# Pyclense Demo: Cleaning the Beach Dataset

This notebook demonstrates how to use the `pyclense` library to build a sequential data cleaning pipeline for the `dataset.csv` file.

In [1]:
import pandas as pd
import numpy as np
import os
import sys

# Add project root to path to import pyclense
module_path = os.path.abspath(os.path.join('..'))
if module_path not in sys.path:
    sys.path.append(module_path)

from pyclense.base import BaseCleaner
from pyclense.standardizer import FormatStandardizer
from pyclense.missing import MissingDataCleaner
from demo_cleaner import DemoCleaner

## 2. Loading the Messy Dataset

Let's load the `dataset.csv` file from the `data` folder. It contains several data quality issues that we will address with our pipeline.

In [2]:
# Load the dataset from the data folder
data_path = os.path.join('..', 'data', 'dataset.csv')
df_messy = pd.read_csv(data_path)

print('--- Original Messy Data ---')
print(f"Loaded {len(df_messy)} rows from {data_path}")
df_messy.head()

--- Original Messy Data ---
Loaded 150 rows from ..\data\dataset.csv


Unnamed: 0,Country,Beach / Location Name,Accommodation Name,Rating (Out of 5),Fee (USD/Night),Review Date,Written Review
0,Turks and Caicos,Grace Bay Beach,Amanyara,4.9,"$1,800",20-Nov-25,Impossibly white sand and water so blue it loo...
1,Portugal,Praia da Falésia (Algarve),"Pine Cliffs Hotel, a Luxury Collection",4.7,$410,10/15/2025,The dramatic golden cliffs meet the azure Atla...
2,Mexico,Tulum Beach,Be Tulum Hotel,4.5,$650,1-Dec-25,"Chic, bohemian luxury right on the white sands..."
3,Philippines,El Nido (Palawan),Amanpulo,4.8,"$2,000",11/12/2025,
4,South Africa,Boulders Beach (Cape Town),Tintswalo at Boulders Beach,4.8,$580,5-Oct-25,Sharing the sand with African Penguins makes t...

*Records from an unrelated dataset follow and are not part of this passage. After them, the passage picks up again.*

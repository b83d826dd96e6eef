-- ===== src/Server.antt =====
-- The class Server (T1/server/Server.cpp, T1/include/Server.h) with the functions that its main
-- loop calls in T1/transactions/transactionServer.cpp and T1/discovery/discoveryServer.cpp.
-- A method is a function from the state to the new state, with the packets that it sends; the body
-- of a critical section is one step.
pub mod State
pub mod Clients
pub mod Transactions
pub mod Registration
pub mod Solvency
pub mod Election
pub mod Dispatch
pub mod Init
pub mod Once
pub mod Lock
pub mod Negative
pub mod Id
pub mod Log
pub mod Printer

## 3. Building and Running the Pipeline

We will now apply our cleaners sequentially. Each cleaner takes a DataFrame and returns a cleaned one, making the process clear and easy to follow.

In [3]:
print('--- Starting Cleaning Process ---')

# Start with a copy of the messy data
df_clean = df_messy.copy()

# 1. Use the custom DemoCleaner to perform initial cleaning on the dataset.
# This handles column names, fees, duplicates, and fills missing reviews.
df_clean = DemoCleaner(df_clean).clean()

# 2. Use the generic FormatStandardizer to fix date formats and clean text fields.
# The 'written_review' column contains emojis and special characters to be removed.
df_clean = FormatStandardizer(df_clean, date_cols=['review_date'], text_cols=['written_review', 'beach_location_name']).clean()

# 3. Use the MissingDataCleaner to drop rows where critical data is still missing.
# We'll drop rows that don't have an accommodation name.
df_clean = MissingDataCleaner(df_clean, subset=['accommodation_name']).clean()

print('\n--- Final Cleaned Data ---')
if df_clean is not None:
	df_clean.head()
else:
	print("No data to display: cleaning pipeline returned None.")

--- Starting Cleaning Process ---

--- Running DemoCleaner ---
Cleaned column names: ['country', 'beach_location_name', 'accommodation_name', 'rating_out_of_5_', 'fee_usd_night_', 'review_date', 'written_review']
Removed 11 duplicate rows.
Filled missing 'written_review' values.
--- DemoCleaner Finished ---
[Standardizer] Processed 1 date column(s) and relevant text columns.
[MissingDataCleaner] Dropped 0 rows with missing values in ['accommodation_name'].

--- Final Cleaned Data ---


## 4. Saving the Result

Finally, we can save the cleaned data using the helper method from `BaseCleaner`. We can instantiate any concrete cleaner with the final DataFrame to access the method.

In [4]:
# Use a concrete cleaner class for saving
final_cleaner = DemoCleaner(df_clean)
final_cleaner.save_data('../data/cleaned_data.csv')

Saved to ../data/cleaned_data.csv